Of course, there is an important distinction to be drawn between empty rhetoric (hope, change, 'appeal to our better selves,' etc.) and rhetoric that constitutes a pledge of specific action. Asked about taxes, Baker responded without hesitation: He won't raise them. He'll fight to reduce them. Pressed, he uttered those six infamous words, "Read my lips: no new taxes." Preident George Bush the elder learned all too well that this "rhetoric" packs a punch. When he went back on his word, he was appropriately punished by the voters. Reminded of Bush, Baker responded that his mentor, Governor Bill Weld, also pledged not to raise taxes - "and he meant it." One senses that Baker does too.
Someone forgot to tell the Legislature that Silly Season has arrived early this year. One of the few laudatory effects of this quadrennial change in the political weather is the tendency of our elected officials to temporarily clean up their acts - to put themselves on best behavior in anticipation of the coming election.
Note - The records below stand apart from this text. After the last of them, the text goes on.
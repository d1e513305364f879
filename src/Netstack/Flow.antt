-- ===== src/Netstack/Flow.antt =====
-- What flows through a stream of the network stack
-- (crates/ombrac-netstack/src/tcp.rs).
use ombrac.Prelude.{
  ℕ, zero, suc, Bool, true, false, not, [], ◌∷◌, ◌++◌, ◌≤◌, min, ◌&&◌, ◌==◌, length, take, drop,
  take-append-drop, length-take, length-append, length-drop, append_assoc, Bool-cases, ◌≡◌, inl,
  inr, refl, sym, ap, ◌∙◌, arith, ok, err,
}
use ombrac.Net.{Bytes, IoResult}
use ombrac.Netstack.Stream.{
  RingBuffer, is_empty, vacant_len, push_slice, Connection, TcpSocket, recv_result, handle_recv,
  close_read, send_rounds, handle_send, handle_socket_io,
}

-- What the code relies on of a socket: the octets that came in and were not taken, of which `recv`
-- gives the first, and the octets that it was given to send. `arrive` is the coming in of more.
pub record Flow {S : Type 0} (t : TcpSocket S) : Type 0 where
  pub incoming : S → Bytes
  pub outgoing : S → Bytes
  pub recv_slice-incoming :
      (s : S) (slice : Bytes)
      → t.recv_slice s ≡ ok slice
      → (rest : Bytes) × (incoming s ≡ slice ++ rest)
  pub incoming-dequeue : (s : S) (n : ℕ) → incoming (t.dequeue s n) ≡ drop n (incoming s)
  pub outgoing-dequeue : (s : S) (n : ℕ) → outgoing (t.dequeue s n) ≡ outgoing s
  pub incoming-enqueue : (s : S) (b : Bytes) → incoming (t.enqueue s b) ≡ incoming s
  pub arrive : S → Bytes → S
  pub incoming-arrive : (s : S) (b : Bytes) → incoming (arrive s b) ≡ incoming s ++ b
  pub outgoing-arrive : (s : S) (b : Bytes) → outgoing (arrive s b) ≡ outgoing s
  pub outgoing-enqueue : (s : S) (b : Bytes) → outgoing (t.enqueue s b) ≡ outgoing s ++ b

take-drop_within :
    (v : ℕ) (xs ys : Bytes) → take v xs ++ drop (min v (length xs)) (xs ++ ys) ≡ xs ++ ys
take-drop_within zero xs ys =
    let none_left : min 0 (length xs) ≡ 0 = omega arith in ap (λ k. drop k (xs ++ ys)) none_left
take-drop_within (suc v) [] ys =
    let none_left : min (suc v) 0 ≡ 0 = omega arith in ap (λ k. drop k ys) none_left
take-drop_within (suc v) (x ∷ xs) ys =
    let shift : min (suc v) (suc (length xs)) ≡ suc (min v (length xs)) = omega arith in
    ap (λ r. x ∷ r) (ap (λ k. take v xs ++ drop k (x ∷ xs ++ ys)) shift ∙ take-drop_within v xs ys)

-- The receive buffer stays within its capacity.
abbrev pub Fits : RingBuffer → Type 0
Fits b = length b.content ≤ b.capacity

pub push_slice-Fits : (b : RingBuffer) (slice : Bytes) → Fits b → Fits (push_slice b slice)
push_slice-Fits b slice h = omega (
  arith,
  h,
  length-append b.content (take (vacant_len b) slice),
  length-take (vacant_len b) slice,
)

is_empty-true : (b : Bytes) → is_empty b ≡ true → b ≡ []
is_empty-true [] e = refl
is_empty-true (x ∷ xs) e = absurd (cc (e))

and-stop : (a e r : Bool) → e ≡ true → (a && not e && not r) ≡ false
and-stop true true r h = refl
and-stop false true r h = refl
and-stop a false r h = absurd (cc (h))

and-go : (a e r : Bool) → (a && not e && not r) ≡ true → (e ≡ false) × (r ≡ false)
and-go true false false h = (refl, refl)
and-go true false true h = absurd (cc (h))
and-go true true r h = absurd (cc (h))
and-go false false r h = absurd (cc (h))
and-go false true r h = absurd (cc (h))

length-zero : (b : Bytes) → length b ≤ 0 → b ≡ []
length-zero [] h = refl
length-zero (x ∷ xs) h = absurd (omega arith)

module _ {S : Type 0} (t : TcpSocket S) (f : Flow t) where
  -- What was received and not read yet, and what was written.
  abbrev pub to_read : S × Connection → Bytes
  to_read (s, c) = c.recv_buffer.content ++ f.incoming s

  abbrev pub written : S × Connection → Bytes
  written (s, c) = f.outgoing s ++ c.send_buffer.content

  -- Both are kept, and the buffers stay within their capacities.
  abbrev pub Kept : S × Connection → S × Connection → Type 0
  Kept (s, c) (s', c') =
      (to_read (s', c') ≡ to_read (s, c))
      × (written (s', c') ≡ written (s, c))
      × (Fits c.recv_buffer → Fits c'.recv_buffer)
      × (Fits c.send_buffer → Fits c'.send_buffer)

  Kept-trans : (x y z : S × Connection) → Kept x y → Kept y z → Kept x z
  Kept-trans x y z (a, b, p, q) (a', b', p', q') = (a' ∙ a, b' ∙ b, λ h. p' (p h), λ h. q' (q h))

  recv_result-Kept :
      (s : S) (c : Connection) (r : IoResult Bytes)
      → t.recv_slice s ≡ r
      → Kept (s, c) (recv_result t s c r)
  unfolding recv_result
  recv_result-Kept s c (err e) k = (refl, refl, λ h. h, λ h. h)
  recv_result-Kept s c (ok slice) k =
      let (rest, whole) = f.recv_slice-incoming s slice k in
      let v = vacant_len c.recv_buffer in
      let moved =
        append_assoc c.recv_buffer.content (take v slice) _
        ∙ ap (λ r. c.recv_buffer.content ++ (take v slice ++ r))
            (f.incoming-dequeue s (min v (length slice))
              ∙ ap (λ r. drop (min v (length slice)) r) whole)
        ∙ ap (λ r. c.recv_buffer.content ++ r) (take-drop_within v slice rest ∙ sym whole) in
      (
        moved,
        ap (λ r. r ++ c.send_buffer.content) (f.outgoing-dequeue s _),
        λ h. push_slice-Fits c.recv_buffer slice h,
        λ h. h,
      )

  handle_recv-Kept : (s : S) (c : Connection) → Kept (s, c) (handle_recv t s c)
  unfolding handle_recv
  handle_recv-Kept s c = elim (Bool-cases (t.can_recv s)) [
    | inl e ↦ rw e (recv_result-Kept s c (t.recv_slice s) refl)
    | inr e ↦ rw e (refl, refl, λ h. h, λ h. h)
  ]

  close_read-Kept : (x : S × Connection) → Kept x (close_read t x)
  unfolding close_read
  close_read-Kept (s, c) = elim (Bool-cases (not (t.is_open s) && not c.read_closed)) [
    | inl e ↦ rw e (refl, refl, λ h. h, λ h. h)
    | inr e ↦ rw e (refl, refl, λ h. h, λ h. h)
  ]

  -- One round of sending.
  abbrev sent_round : S → Connection → S × Connection
  sent_round s c = (
    t.enqueue s (take (t.send_room s) c.send_buffer.content),
    record c {
      send_buffer = record c.send_buffer { content = drop (t.send_room s) c.send_buffer.content };
      send_waker = false;
    },
  )

  sent_round-Kept : (s : S) (c : Connection) → Kept (s, c) (sent_round s c)
  sent_round-Kept s c =
      let n = t.send_room s in
      let b = c.send_buffer.content in
      (
        ap (λ r. c.recv_buffer.content ++ r) (f.incoming-enqueue s (take n b)),
        ap (λ r. r ++ drop n b) (f.outgoing-enqueue s (take n b))
            ∙ append_assoc (f.outgoing s) (take n b) (drop n b)
            ∙ ap (λ r. f.outgoing s ++ r) (take-append-drop n b),
        λ h. h,
        λ h. omega (arith, h, length-drop n b),
      )

  -- The loop has ended: there is nothing to send, or the socket takes nothing more.
  abbrev pub Finished : S × Connection → Type 0
  Finished (s, c) =
      (t.can_send s && not (is_empty c.send_buffer.content) && not (t.send_room s == 0)) ≡ false

  Finished-empty : (s : S) (c : Connection) → c.send_buffer.content ≡ [] → Finished (s, c)
  Finished-empty s c e =
      and-stop (t.can_send s) (is_empty c.send_buffer.content) (t.send_room s == 0) (ap is_empty e)

  send_rounds_lem :
      (fuel : ℕ) (s : S) (c : Connection)
      → length c.send_buffer.content ≤ fuel
      → Kept (s, c) (send_rounds t fuel s c) × Finished (send_rounds t fuel s c)
  unfolding send_rounds
  send_rounds_lem zero s c le =
      ((refl, refl, λ h. h, λ h. h), Finished-empty s c (length-zero c.send_buffer.content le))
  send_rounds_lem (suc fuel) s c le =
      elim (Bool-cases
        (t.can_send s && not (is_empty c.send_buffer.content) && not (t.send_room s == 0))) [
          | inl e ↦
              let room =
                (and-go (t.can_send s) (is_empty c.send_buffer.content) (t.send_room s == 0) e).1 in
              let (s', c') = sent_round s c in
              let shorter : length c'.send_buffer.content ≤ fuel =
                ground (arith, le, room, length-drop (t.send_room s) c.send_buffer.content) in
              let (kept, done) = send_rounds_lem fuel s' c' shorter in
              rw e (
                Kept-trans (s, c) (s', c') (send_rounds t fuel s' c') (sent_round-Kept s c) kept,
                done,
              )
          | inr e ↦ rw e ((refl, refl, λ h. h, λ h. h), e)
        ]

  pub handle_socket_io_lem :
      (s : S) (c : Connection)
      → Kept (s, c) (handle_socket_io t s c) × Finished (handle_socket_io t s c)
  unfolding handle_socket_io handle_send
  handle_socket_io_lem s c =
      let x = close_read t (handle_recv t s c) in
      let (kept, done) = send_rounds_lem (length x.1.send_buffer.content) x.0 x.1 (omega arith) in
      let before =
        Kept-trans (s, c) (handle_recv t s c) x (handle_recv-Kept s c)
          (close_read-Kept (handle_recv t s c)) in
      (Kept-trans (s, c) x (handle_socket_io t s c) before kept, done)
Had they known people might already be paying attention, they likely would not have
voted yesterday to pad their discretionary accounts with $1.6 million in what is likely to be deficit spending. According to the Herald:
Legislative officials said the funds are necessary to maintain the building and run an enterprise with more than 700 employees. They also said the restored money will go toward updating the old telephone system and microphones in the House chamber.
All well and good, except for the inconvenient fact that the state is in a deep fiscal hole, cities and towns are getting walloped by local aid reductions, taxpayers will this weekend feel the first bite of a 25% hike in the state sales tax... One might note that John Adams and company did just fine running our government without an updated telephone system. Or that 'microphones in the House chamber' seem a little redundant for a Legislature that rarely allows debate to take place there. Perhaps on the rare occasion when they utilize the room, they could just raise their voices - at least until the economy improves?